Work request: The records below are to be transcribed exactly as they appear.

Supplied data:
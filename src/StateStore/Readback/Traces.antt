-- ===== src/StateStore/Readback/Traces.antt =====
-- Claims, unknown writes and readbacks in any order (ues/state_store.py): how often one operation can
-- be allowed.
use universal_execution_syst.Prelude.{
  ℕ, suc, ◌≤◌, String, ◌≡◌, refl, true, false, Bool, Option, none, some, List, [], ◌∷◌, inl, inr,
  Bool-cases, arith, ◌&&◌, ◌==◌, eq_iff, if◌then◌else◌, ◌≢◌, subst, sym,
}
use universal_execution_syst.Json.{Json}
use universal_execution_syst.Runtime.{Runtime}
use universal_execution_syst.StateStore.Model.{reconciled_not_observed}
use universal_execution_syst.StateStore.Interface.{StateStore, OperationLaws}
use universal_execution_syst.StateStore.Gate.{ClaimRequest}
use universal_execution_syst.StateStore.Claim.{claim_operation}
use universal_execution_syst.StateStore.Claim.Keeps.{Blocked}
use universal_execution_syst.StateStore.Claim.Once.{is_allowed_for, Blocked-step, allowed_step}
use universal_execution_syst.StateStore.Readback.{
  record_unknown_write, record_authoritative_readback, state_of,
}
use universal_execution_syst.StateStore.Readback.Guards.{
  keeps-unknown_write, keeps-readback, readback-Leaves,
}

-- A call on the store, by lane, operation key and time.
pub data Event : Type 0 where
  claim : ClaimRequest → Event
  unknown_write : String → String → ℕ → Json → Event
  readback : String → String → ℕ → Option Bool → Json → Event

abbrev says_missing : Option Bool → Bool
says_missing (some false) = true
says_missing _ = false

says_missing_lem : (o : Option Bool) → says_missing o ≡ false → state_of o ≢ reconciled_not_observed
says_missing_lem none h p = cc
says_missing_lem (some true) h p = cc
says_missing_lem (some false) h p = cc

module _ {S : Type 0} (rt : Runtime) (store : StateStore S) (k : String) where
  unfoldable pub after : Event → S → S
  after (claim q) s = (claim_operation rt store q s).1
  after (unknown_write lane key now result) s =
      (record_unknown_write rt lane key now store result s).1
  after (readback lane key now observed evidence) s =
      (record_authoritative_readback rt lane key now store observed evidence s).1

  -- The event is a claim of `k` that is allowed.
  unfoldable pub allows : Event → S → Bool
  allows (claim q) s = is_allowed_for rt store k q s
  allows _ s = false

  -- The event is a readback of `k` that reports that the write did not happen.
  unfoldable pub is_missing : Event → Bool
  is_missing (readback lane key now observed evidence) = key == k && says_missing observed
  is_missing _ = false

  unfoldable pub allowances : List Event → S → ℕ
  unfolding after allows
  allowances [] s = 0
  allowances (e ∷ es) s =
      let rest = allowances es (after e s) in if allows e s then suc rest else rest

  unfoldable pub missing_readbacks : List Event → ℕ
  unfolding is_missing
  missing_readbacks [] = 0
  missing_readbacks (e ∷ es) =
      let rest = missing_readbacks es in if is_missing e then suc rest else rest

  module _ (laws : OperationLaws store) where
    after_readback :
        (lane key : String) (now : ℕ) (observed : Option Bool) (evidence : Json) (s : S)
        → is_missing (readback lane key now observed evidence) ≡ false
        → Blocked k (store.read_operation k s)
        → Blocked k (store.read_operation k (after (readback lane key now observed evidence) s))
    unfolding after is_missing
    after_readback lane key now observed evidence s h b = elim (Bool-cases (key == k)) [
      | inl e ↦
          (keeps-readback store laws k rt lane key now observed evidence
              (says_missing_lem observed (rw e at h))).at
            s b
      | inr e ↦
          subst (Blocked k)
            (sym (
              (readback-Leaves store laws k rt lane key now (λ p. cc (e, (eq_iff key k).1 p))
                  observed evidence).at
                s))
            b
    ]

    -- While the record is blocked no event is allowed, and only a readback that reports the write
    -- missing can free the record.
    Blocked-event :
        (e : Event) (s : S)
        → Blocked k (store.read_operation k s)
        → (allows e s ≡ false)
          × (is_missing e ≡ false → Blocked k (store.read_operation k (after e s)))
    unfolding after allows
    Blocked-event (claim q) s b =
        let (no_claim, still) = Blocked-step rt store k laws q s b in (no_claim, λ h. still)
    Blocked-event (unknown_write lane key now result) s b =
        (refl, λ h. (keeps-unknown_write store laws k rt lane key now result).at s b)
    Blocked-event (readback lane key now observed evidence) s b =
        (refl, λ h. after_readback lane key now observed evidence s h b)

    allowed_event :
        (e : Event) (s : S)
        → allows e s ≡ true
        → Blocked k (store.read_operation k (after e s)) × (is_missing e ≡ false)
    unfolding after allows is_missing
    allowed_event (claim q) s h = (allowed_step rt store k laws q s h, refl)
    allowed_event (unknown_write lane key now result) s h = cc
    allowed_event (readback lane key now observed evidence) s h = cc

    bound-Blocked :
        (e : Event) (es : List Event) (s : S)
        → (Blocked k (store.read_operation k (after e s))
            → allowances es (after e s) ≤ missing_readbacks es)
        → allowances es (after e s) ≤ suc (missing_readbacks es)
        → Blocked k (store.read_operation k s)
        → allowances (e ∷ es) s ≤ missing_readbacks (e ∷ es)
    unfolding allowances missing_readbacks
    bound-Blocked e es s from_blocked from_any b =
        let (no_claim, still) = Blocked-event e s b in
        elim (Bool-cases (is_missing e)) [
          | inl m ↦ rw (no_claim, m) from_any
          | inr m ↦ rw (no_claim, m) (from_blocked (still m))
        ]

    bound_any :
        (e : Event) (es : List Event) (s : S)
        → (Blocked k (store.read_operation k (after e s))
            → allowances es (after e s) ≤ missing_readbacks es)
        → allowances es (after e s) ≤ suc (missing_readbacks es)
        → allowances (e ∷ es) s ≤ suc (missing_readbacks (e ∷ es))
    unfolding allowances missing_readbacks
    bound_any e es s from_blocked from_any = elim (Bool-cases (allows e s)) [
      | inl a ↦
          let (b, m) = allowed_event e s a in rw (a, m) (let l = from_blocked b in omega (arith, l))
      | inr a ↦ elim (Bool-cases (is_missing e)) [
        | inl m ↦ rw (a, m) (omega (arith, from_any))
        | inr m ↦ rw (a, m) from_any
      ]
    ]

    -- From a blocked record and from any record.
    bounds :
        (events : List Event) (s : S)
        → (Blocked k (store.read_operation k s) → allowances events s ≤ missing_readbacks events)
          × (allowances events s ≤ suc (missing_readbacks events))
    unfolding allowances missing_readbacks
    bounds [] s = (λ b. omega arith, omega arith)
    bounds (e ∷ es) s =
        let (from_blocked, from_any) = bounds es (after e s) in
        (λ b. bound-Blocked e es s from_blocked from_any b, bound_any e es s from_blocked from_any)

    -- In a store that keeps the laws of operation records, in any sequence of claims, unknown writes
    -- and readbacks, of any operations, on any lanes and at any times, an operation is allowed at
    -- most once more than there are readbacks of it that report that its write did not happen.
    pub allowances_bounded :
        (events : List Event) (s : S) → allowances events s ≤ suc (missing_readbacks events)
    allowances_bounded events s = (bounds events s).1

Answer to this task:
filename src/StateStore/Readback/Traces.antt
-- ===== src/StateStore/Readback/Traces.antt =====
-- Claims, unknown writes and readbacks in any order (ues/state_store.py): how often one operation can
-- be allowed.
use universal_execution_syst.Prelude.{
  ℕ, suc, ◌≤◌, String, ◌≡◌, refl, true, false, Bool, Option, none, some, List, [], ◌∷◌, inl, inr,
  Bool-cases, arith, ◌&&◌, ◌==◌, eq_iff, if◌then◌else◌, ◌≢◌, subst, sym,
}
use universal_execution_syst.Json.{Json}
use universal_execution_syst.Runtime.{Runtime}
use universal_execution_syst.StateStore.Model.{reconciled_not_observed}
use universal_execution_syst.StateStore.Interface.{StateStore, OperationLaws}
use universal_execution_syst.StateStore.Gate.{ClaimRequest}
use universal_execution_syst.StateStore.Claim.{claim_operation}
use universal_execution_syst.StateStore.Claim.Keeps.{Blocked}
use universal_execution_syst.StateStore.Claim.Once.{is_allowed_for, Blocked-step, allowed_step}
use universal_execution_syst.StateStore.Readback.{
  record_unknown_write, record_authoritative_readback, state_of,
}
use universal_execution_syst.StateStore.Readback.Guards.{
  keeps-unknown_write, keeps-readback, readback-Leaves,
}

-- A call on the store, by lane, operation key and time.
pub data Event : Type 0 where
  claim : ClaimRequest → Event
  unknown_write : String → String → ℕ → Json → Event
  readback : String → String → ℕ → Option Bool → Json → Event

abbrev says_missing : Option Bool → Bool
says_missing (some false) = true
says_missing _ = false

says_missing_lem : (o : Option Bool) → says_missing o ≡ false → state_of o ≢ reconciled_not_observed
says_missing_lem none h p = cc
says_missing_lem (some true) h p = cc
says_missing_lem (some false) h p = cc

module _ {S : Type 0} (rt : Runtime) (store : StateStore S) (k : String) where
  unfoldable pub after : Event → S → S
  after (claim q) s = (claim_operation rt store q s).1
  after (unknown_write lane key now result) s =
      (record_unknown_write rt lane key now store result s).1
  after (readback lane key now observed evidence) s =
      (record_authoritative_readback rt lane key now store observed evidence s).1

  -- The event is a claim of `k` that is allowed.
  unfoldable pub allows : Event → S → Bool
  allows (claim q) s = is_allowed_for rt store k q s
  allows _ s = false

  -- The event is a readback of `k` that reports that the write did not happen.
  unfoldable pub is_missing : Event → Bool
  is_missing (readback lane key now observed evidence) = key == k && says_missing observed
  is_missing _ = false

  unfoldable pub allowances : List Event → S → ℕ
  unfolding after allows
  allowances [] s = 0
  allowances (e ∷ es) s =
      let rest = allowances es (after e s) in if allows e s then suc rest else rest

  unfoldable pub missing_readbacks : List Event → ℕ
  unfolding is_missing
  missing_readbacks [] = 0
  missing_readbacks (e ∷ es) =
      let rest = missing_readbacks es in if is_missing e then suc rest else rest

  module _ (laws : OperationLaws store) where
    after_readback :
        (lane key : String) (now : ℕ) (observed : Option Bool) (evidence : Json) (s : S)
        → is_missing (readback lane key now observed evidence) ≡ false
        → Blocked k (store.read_operation k s)
        → Blocked k (store.read_operation k (after (readback lane key now observed evidence) s))
    unfolding after is_missing
    after_readback lane key now observed evidence s h b = elim (Bool-cases (key == k)) [
      | inl e ↦
          (keeps-readback store laws k rt lane key now observed evidence
              (says_missing_lem observed (rw e at h))).at
            s b
      | inr e ↦
          subst (Blocked k)
            (sym (
              (readback-Leaves store laws k rt lane key now (λ p. cc (e, (eq_iff key k).1 p))
                  observed evidence).at
                s))
            b
    ]

    -- While the record is blocked no event is allowed, and only a readback that reports the write
    -- missing can free the record.
    Blocked-event :
        (e : Event) (s : S)
        → Blocked k (store.read_operation k s)
        → (allows e s ≡ false)
          × (is_missing e ≡ false → Blocked k (store.read_operation k (after e s)))
    unfolding after allows
    Blocked-event (claim q) s b =
        let (no_claim, still) = Blocked-step rt store k laws q s b in (no_claim, λ h. still)
    Blocked-event (unknown_write lane key now result) s b =
        (refl, λ h. (keeps-unknown_write store laws k rt lane key now result).at s b)
    Blocked-event (readback lane key now observed evidence) s b =
        (refl, λ h. after_readback lane key now observed evidence s h b)

    allowed_event :
        (e : Event) (s : S)
        → allows e s ≡ true
        → Blocked k (store.read_operation k (after e s)) × (is_missing e ≡ false)
    unfolding after allows is_missing
    allowed_event (claim q) s h = (allowed_step rt store k laws q s h, refl)
    allowed_event (unknown_write lane key now result) s h = cc
    allowed_event (readback lane key now observed evidence) s h = cc

    bound-Blocked :
        (e : Event) (es : List Event) (s : S)
        → (Blocked k (store.read_operation k (after e s))
            → allowances es (after e s) ≤ missing_readbacks es)
        → allowances es (after e s) ≤ suc (missing_readbacks es)
        → Blocked k (store.read_operation k s)
        → allowances (e ∷ es) s ≤ missing_readbacks (e ∷ es)
    unfolding allowances missing_readbacks
    bound-Blocked e es s from_blocked from_any b =
        let (no_claim, still) = Blocked-event e s b in
        elim (Bool-cases (is_missing e)) [
          | inl m ↦ rw (no_claim, m) from_any
          | inr m ↦ rw (no_claim, m) (from_blocked (still m))
        ]

    bound_any :
        (e : Event) (es : List Event) (s : S)
        → (Blocked k (store.read_operation k (after e s))
            → allowances es (after e s) ≤ missing_readbacks es)
        → allowances es (after e s) ≤ suc (missing_readbacks es)
        → allowances (e ∷ es) s ≤ suc (missing_readbacks (e ∷ es))
    unfolding allowances missing_readbacks
    bound_any e es s from_blocked from_any = elim (Bool-cases (allows e s)) [
      | inl a ↦
          let (b, m) = allowed_event e s a in rw (a, m) (let l = from_blocked b in omega (arith, l))
      | inr a ↦ elim (Bool-cases (is_missing e)) [
        | inl m ↦ rw (a, m) (omega (arith, from_any))
        | inr m ↦ rw (a, m) from_any
      ]
    ]

    -- From a blocked record and from any record.
    bounds :
        (events : List Event) (s : S)
        → (Blocked k (store.read_operation k s) → allowances events s ≤ missing_readbacks events)
          × (allowances events s ≤ suc (missing_readbacks events))
    unfolding allowances missing_readbacks
    bounds [] s = (λ b. omega arith, omega arith)
    bounds (e ∷ es) s =
        let (from_blocked, from_any) = bounds es (after e s) in
        (λ b. bound-Blocked e es s from_blocked from_any b, bound_any e es s from_blocked from_any)

    -- In a store that keeps the laws of operation records, in any sequence of claims, unknown writes
    -- and readbacks, of any operations, on any lanes and at any times, an operation is allowed at
    -- most once more than there are readbacks of it that report that its write did not happen.
    pub allowances_bounded :
        (events : List Event) (s : S) → allowances events s ≤ suc (missing_readbacks events)
    allowances_bounded events s = (bounds events s).1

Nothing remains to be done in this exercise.